__To do__
Only one stretch of the data below should be repeated: the lines from the line containing "pub issue_id : String" through the line containing "one_pull (some p) = found p", inclusive, exactly as they are.

[Stored data entries]
----------

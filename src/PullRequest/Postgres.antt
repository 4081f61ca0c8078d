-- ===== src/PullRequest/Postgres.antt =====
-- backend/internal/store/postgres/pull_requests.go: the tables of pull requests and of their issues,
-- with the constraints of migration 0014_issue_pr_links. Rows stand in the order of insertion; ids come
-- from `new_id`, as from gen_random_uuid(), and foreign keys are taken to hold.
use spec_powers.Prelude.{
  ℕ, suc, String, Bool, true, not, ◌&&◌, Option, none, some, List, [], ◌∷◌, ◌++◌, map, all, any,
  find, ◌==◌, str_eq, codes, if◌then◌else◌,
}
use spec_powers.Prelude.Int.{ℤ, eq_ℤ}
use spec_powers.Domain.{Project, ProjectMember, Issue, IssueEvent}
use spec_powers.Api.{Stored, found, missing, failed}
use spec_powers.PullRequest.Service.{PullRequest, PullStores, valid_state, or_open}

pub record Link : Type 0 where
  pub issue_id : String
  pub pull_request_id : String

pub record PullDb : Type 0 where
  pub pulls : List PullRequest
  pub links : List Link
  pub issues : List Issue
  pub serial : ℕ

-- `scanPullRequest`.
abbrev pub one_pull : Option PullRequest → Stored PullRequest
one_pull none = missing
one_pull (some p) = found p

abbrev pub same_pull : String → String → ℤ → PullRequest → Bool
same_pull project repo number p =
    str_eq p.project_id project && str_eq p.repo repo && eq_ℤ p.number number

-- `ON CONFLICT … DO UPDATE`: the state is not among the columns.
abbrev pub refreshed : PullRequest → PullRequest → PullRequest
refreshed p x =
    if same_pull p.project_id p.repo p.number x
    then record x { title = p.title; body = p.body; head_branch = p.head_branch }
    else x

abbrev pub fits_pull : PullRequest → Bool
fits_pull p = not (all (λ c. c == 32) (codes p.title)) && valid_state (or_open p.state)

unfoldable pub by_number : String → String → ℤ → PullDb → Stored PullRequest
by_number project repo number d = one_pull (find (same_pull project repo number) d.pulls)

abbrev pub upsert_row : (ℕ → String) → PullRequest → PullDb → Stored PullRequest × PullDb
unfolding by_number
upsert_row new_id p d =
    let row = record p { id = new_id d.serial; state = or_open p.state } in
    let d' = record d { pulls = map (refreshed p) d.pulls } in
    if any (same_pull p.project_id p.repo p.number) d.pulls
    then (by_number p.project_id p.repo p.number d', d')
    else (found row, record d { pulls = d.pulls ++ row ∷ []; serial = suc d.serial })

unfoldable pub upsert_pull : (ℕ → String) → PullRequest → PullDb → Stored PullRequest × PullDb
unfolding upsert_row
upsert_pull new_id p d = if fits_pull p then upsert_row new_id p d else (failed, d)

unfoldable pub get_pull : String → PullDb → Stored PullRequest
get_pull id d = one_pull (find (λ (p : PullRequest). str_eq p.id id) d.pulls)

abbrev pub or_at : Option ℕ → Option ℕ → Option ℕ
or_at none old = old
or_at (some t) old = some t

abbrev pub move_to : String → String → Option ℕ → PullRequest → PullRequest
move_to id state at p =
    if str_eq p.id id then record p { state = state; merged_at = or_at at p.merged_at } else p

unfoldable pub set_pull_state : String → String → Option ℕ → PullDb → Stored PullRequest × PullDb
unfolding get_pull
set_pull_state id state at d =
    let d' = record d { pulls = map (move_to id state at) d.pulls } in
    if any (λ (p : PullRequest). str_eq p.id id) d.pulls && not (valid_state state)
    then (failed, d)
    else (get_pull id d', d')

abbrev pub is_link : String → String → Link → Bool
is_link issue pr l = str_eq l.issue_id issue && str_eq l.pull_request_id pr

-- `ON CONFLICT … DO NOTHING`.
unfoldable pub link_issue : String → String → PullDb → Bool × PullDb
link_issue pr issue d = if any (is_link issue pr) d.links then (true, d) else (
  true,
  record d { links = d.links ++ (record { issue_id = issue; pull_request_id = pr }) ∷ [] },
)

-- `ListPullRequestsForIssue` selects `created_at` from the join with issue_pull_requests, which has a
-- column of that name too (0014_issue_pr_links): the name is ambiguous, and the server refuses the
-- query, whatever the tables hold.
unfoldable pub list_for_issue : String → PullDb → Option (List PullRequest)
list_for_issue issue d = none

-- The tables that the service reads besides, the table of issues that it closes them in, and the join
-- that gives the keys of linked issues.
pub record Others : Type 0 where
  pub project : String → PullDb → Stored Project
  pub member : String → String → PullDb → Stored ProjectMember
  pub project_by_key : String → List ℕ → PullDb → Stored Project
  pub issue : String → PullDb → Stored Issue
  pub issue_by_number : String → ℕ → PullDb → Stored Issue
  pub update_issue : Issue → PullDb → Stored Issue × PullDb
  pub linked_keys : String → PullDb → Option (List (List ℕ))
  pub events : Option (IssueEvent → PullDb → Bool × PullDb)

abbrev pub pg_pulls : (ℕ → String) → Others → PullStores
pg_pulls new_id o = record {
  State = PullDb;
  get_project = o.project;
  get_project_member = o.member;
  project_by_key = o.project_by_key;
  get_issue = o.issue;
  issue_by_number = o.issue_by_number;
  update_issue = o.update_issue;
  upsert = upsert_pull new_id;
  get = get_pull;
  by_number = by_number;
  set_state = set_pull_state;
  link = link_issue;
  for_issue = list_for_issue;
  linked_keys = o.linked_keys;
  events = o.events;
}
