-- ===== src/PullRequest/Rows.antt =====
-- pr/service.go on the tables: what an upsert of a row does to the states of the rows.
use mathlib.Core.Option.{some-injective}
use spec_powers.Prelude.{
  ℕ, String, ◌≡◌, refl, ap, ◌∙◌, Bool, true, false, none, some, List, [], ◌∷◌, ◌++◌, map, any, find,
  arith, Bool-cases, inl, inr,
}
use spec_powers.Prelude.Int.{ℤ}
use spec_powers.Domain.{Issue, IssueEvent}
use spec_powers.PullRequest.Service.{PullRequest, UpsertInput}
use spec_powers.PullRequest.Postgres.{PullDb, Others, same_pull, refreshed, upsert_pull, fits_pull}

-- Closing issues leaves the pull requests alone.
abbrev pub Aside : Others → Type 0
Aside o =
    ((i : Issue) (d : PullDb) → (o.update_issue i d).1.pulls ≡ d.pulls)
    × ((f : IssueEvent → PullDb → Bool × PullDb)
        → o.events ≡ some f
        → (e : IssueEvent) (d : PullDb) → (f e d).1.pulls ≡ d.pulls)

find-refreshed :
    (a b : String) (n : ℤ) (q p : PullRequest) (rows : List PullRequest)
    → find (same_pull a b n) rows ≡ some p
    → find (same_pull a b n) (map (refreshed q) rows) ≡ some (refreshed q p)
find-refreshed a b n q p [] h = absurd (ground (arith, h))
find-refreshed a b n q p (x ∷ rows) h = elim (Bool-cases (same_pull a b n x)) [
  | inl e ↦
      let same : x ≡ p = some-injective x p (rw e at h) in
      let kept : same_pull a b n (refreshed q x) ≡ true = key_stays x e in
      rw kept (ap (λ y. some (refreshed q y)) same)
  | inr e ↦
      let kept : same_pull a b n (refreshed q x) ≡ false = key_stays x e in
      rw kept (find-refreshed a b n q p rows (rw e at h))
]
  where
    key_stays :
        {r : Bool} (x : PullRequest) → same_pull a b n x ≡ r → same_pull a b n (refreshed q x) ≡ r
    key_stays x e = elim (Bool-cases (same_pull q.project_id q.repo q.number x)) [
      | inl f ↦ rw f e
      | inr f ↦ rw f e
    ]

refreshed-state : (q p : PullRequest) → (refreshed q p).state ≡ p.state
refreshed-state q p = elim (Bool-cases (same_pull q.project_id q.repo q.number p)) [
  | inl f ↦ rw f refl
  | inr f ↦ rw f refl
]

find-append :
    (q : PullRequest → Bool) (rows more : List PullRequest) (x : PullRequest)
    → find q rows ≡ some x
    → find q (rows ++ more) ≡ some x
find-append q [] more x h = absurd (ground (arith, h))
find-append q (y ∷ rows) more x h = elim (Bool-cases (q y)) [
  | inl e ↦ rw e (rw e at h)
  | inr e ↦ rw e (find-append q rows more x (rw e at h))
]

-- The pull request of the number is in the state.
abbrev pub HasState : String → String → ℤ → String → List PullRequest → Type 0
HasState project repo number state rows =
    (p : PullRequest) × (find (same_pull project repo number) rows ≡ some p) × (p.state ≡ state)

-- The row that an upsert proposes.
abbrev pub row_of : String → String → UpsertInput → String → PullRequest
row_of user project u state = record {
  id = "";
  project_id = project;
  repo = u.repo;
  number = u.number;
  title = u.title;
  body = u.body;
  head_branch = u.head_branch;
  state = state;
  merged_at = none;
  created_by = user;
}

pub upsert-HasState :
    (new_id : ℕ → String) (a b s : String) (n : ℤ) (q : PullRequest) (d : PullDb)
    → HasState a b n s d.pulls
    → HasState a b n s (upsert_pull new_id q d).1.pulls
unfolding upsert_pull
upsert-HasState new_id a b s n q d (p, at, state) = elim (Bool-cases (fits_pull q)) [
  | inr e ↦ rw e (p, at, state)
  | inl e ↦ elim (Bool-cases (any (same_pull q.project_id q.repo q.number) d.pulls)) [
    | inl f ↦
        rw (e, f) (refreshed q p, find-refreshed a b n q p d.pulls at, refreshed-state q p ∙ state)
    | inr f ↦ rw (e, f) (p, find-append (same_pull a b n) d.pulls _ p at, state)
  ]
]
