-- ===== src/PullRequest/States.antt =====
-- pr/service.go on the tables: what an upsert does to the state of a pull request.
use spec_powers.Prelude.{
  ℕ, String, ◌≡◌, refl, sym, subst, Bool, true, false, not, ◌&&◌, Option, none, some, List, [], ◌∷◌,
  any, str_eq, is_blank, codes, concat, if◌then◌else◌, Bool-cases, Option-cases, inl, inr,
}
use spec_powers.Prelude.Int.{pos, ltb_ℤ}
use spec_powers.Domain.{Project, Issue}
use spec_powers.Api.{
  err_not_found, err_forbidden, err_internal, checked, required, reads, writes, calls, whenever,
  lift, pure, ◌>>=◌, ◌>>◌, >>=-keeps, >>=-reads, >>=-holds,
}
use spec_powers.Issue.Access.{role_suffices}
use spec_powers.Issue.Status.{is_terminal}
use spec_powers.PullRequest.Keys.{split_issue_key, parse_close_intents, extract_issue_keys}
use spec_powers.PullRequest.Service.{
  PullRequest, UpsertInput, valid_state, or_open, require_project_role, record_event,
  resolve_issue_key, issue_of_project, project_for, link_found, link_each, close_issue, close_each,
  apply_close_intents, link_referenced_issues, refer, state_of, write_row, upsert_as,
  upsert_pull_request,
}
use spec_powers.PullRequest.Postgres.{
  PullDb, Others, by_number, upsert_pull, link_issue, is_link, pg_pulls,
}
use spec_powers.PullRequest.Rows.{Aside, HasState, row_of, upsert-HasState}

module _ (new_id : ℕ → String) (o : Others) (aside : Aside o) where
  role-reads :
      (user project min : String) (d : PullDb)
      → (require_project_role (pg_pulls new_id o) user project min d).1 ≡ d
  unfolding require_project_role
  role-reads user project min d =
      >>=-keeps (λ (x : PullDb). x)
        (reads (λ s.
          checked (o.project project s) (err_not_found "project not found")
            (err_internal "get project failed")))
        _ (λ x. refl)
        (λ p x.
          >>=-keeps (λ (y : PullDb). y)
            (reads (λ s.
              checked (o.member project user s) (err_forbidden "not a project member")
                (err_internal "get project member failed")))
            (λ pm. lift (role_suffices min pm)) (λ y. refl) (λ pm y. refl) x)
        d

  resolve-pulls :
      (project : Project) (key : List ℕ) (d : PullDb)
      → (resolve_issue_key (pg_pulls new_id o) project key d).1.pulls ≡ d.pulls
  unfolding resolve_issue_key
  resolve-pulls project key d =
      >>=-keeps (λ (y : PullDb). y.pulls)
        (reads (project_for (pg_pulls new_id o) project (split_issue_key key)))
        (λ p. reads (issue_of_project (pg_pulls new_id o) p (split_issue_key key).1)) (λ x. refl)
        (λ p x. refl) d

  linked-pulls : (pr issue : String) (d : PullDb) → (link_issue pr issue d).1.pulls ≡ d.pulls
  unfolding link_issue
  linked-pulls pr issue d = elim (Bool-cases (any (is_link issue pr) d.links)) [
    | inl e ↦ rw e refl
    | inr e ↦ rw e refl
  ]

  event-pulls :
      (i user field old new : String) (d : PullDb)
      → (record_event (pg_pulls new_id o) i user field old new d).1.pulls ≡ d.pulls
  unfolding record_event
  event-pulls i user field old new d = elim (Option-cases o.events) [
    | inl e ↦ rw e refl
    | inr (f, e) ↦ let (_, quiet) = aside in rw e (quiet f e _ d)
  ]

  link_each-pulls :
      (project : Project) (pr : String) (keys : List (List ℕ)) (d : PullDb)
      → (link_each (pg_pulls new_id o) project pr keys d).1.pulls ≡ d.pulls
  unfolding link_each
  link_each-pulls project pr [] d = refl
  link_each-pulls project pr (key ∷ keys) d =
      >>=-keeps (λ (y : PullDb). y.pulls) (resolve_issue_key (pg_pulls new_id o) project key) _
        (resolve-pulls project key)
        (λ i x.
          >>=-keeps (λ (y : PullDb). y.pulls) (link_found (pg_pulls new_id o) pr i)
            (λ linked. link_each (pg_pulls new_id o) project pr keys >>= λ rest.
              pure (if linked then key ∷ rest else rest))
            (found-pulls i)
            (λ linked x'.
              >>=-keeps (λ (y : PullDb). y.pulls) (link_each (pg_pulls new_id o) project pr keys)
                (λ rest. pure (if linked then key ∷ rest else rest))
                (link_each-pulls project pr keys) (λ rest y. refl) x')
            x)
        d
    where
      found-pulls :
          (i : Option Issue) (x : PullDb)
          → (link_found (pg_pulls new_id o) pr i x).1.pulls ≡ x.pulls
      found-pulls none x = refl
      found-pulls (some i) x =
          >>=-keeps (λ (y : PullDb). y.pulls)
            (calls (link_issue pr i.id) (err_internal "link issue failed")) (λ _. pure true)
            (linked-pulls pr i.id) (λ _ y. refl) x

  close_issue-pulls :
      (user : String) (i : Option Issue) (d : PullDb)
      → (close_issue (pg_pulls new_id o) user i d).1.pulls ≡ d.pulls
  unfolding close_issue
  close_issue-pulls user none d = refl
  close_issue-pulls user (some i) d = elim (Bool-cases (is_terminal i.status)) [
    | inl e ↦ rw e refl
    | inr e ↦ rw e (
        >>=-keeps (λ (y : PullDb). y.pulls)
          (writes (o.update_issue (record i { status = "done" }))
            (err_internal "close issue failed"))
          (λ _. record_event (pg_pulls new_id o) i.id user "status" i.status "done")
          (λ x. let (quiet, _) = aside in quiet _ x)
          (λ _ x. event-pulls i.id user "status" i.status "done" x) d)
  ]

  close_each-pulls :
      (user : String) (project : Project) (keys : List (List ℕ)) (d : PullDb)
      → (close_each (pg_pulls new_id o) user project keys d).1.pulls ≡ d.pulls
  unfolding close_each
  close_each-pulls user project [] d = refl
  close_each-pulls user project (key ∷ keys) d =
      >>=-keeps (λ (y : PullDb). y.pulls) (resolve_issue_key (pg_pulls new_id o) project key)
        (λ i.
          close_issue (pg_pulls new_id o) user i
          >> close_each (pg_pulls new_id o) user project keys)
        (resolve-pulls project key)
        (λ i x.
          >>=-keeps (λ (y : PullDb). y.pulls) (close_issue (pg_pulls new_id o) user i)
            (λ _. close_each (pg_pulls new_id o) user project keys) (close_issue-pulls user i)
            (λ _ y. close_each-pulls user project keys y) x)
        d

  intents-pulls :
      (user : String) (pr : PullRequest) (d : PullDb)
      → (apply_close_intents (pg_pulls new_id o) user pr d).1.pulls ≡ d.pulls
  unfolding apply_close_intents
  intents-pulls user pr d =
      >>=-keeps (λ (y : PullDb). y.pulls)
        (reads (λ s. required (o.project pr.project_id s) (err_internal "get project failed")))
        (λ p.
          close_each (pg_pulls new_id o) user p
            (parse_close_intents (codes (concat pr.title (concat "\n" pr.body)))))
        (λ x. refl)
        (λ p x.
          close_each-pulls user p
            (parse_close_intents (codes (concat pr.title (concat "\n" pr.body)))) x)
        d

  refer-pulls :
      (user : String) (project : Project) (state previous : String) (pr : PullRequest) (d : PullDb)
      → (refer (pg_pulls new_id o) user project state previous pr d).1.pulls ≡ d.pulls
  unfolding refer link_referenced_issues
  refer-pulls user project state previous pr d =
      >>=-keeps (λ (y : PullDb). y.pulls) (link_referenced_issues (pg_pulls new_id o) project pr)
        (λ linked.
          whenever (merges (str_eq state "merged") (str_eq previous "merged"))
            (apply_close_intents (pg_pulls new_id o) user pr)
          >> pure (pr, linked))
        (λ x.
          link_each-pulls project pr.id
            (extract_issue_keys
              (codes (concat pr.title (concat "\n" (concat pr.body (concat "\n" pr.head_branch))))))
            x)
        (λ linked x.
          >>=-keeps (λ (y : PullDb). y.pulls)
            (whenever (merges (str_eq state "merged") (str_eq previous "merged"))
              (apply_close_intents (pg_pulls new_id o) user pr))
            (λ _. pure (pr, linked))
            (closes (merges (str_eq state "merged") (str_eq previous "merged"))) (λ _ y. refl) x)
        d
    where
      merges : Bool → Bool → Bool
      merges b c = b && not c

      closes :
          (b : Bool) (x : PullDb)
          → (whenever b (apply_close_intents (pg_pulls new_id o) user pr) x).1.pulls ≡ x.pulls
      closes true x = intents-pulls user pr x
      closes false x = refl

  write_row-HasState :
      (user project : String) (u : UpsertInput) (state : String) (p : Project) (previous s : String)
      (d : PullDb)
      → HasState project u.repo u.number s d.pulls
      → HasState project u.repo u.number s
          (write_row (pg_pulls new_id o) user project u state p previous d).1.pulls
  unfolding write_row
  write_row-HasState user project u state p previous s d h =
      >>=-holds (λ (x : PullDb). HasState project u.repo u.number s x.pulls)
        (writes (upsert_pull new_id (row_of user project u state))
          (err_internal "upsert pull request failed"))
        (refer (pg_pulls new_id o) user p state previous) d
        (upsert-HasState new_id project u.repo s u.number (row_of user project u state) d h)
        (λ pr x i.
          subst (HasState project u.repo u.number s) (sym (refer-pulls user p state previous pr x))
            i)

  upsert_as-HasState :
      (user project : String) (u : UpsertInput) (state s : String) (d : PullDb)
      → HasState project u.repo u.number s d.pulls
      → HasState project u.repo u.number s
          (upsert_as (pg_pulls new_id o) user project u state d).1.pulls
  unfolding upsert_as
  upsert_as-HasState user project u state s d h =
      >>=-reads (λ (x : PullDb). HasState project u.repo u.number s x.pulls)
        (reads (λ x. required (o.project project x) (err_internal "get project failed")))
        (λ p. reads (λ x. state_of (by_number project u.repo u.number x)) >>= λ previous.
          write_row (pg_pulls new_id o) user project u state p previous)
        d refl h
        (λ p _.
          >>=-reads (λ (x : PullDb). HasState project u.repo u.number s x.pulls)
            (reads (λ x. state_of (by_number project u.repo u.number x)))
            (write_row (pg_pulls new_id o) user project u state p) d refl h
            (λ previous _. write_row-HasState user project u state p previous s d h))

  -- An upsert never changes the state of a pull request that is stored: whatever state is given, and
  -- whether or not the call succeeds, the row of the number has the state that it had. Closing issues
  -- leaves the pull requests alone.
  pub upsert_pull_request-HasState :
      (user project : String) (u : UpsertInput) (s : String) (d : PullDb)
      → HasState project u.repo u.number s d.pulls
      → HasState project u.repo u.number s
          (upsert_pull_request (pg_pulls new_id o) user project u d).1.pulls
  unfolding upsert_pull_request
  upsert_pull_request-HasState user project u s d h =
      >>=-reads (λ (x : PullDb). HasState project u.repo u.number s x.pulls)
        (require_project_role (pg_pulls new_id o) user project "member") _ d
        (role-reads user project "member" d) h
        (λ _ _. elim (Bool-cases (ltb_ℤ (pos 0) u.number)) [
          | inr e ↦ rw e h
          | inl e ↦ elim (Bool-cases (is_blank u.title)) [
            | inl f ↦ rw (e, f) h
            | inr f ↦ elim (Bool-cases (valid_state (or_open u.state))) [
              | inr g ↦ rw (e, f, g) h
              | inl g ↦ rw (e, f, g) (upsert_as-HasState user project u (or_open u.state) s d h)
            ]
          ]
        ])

----------

__Response for this exercise__
  pub issue_id : String
  pub pull_request_id : String

pub record PullDb : Type 0 where
  pub pulls : List PullRequest
  pub links : List Link
  pub issues : List Issue
  pub serial : ℕ

-- `scanPullRequest`.
abbrev pub one_pull : Option PullRequest → Stored PullRequest
one_pull none = missing
one_pull (some p) = found p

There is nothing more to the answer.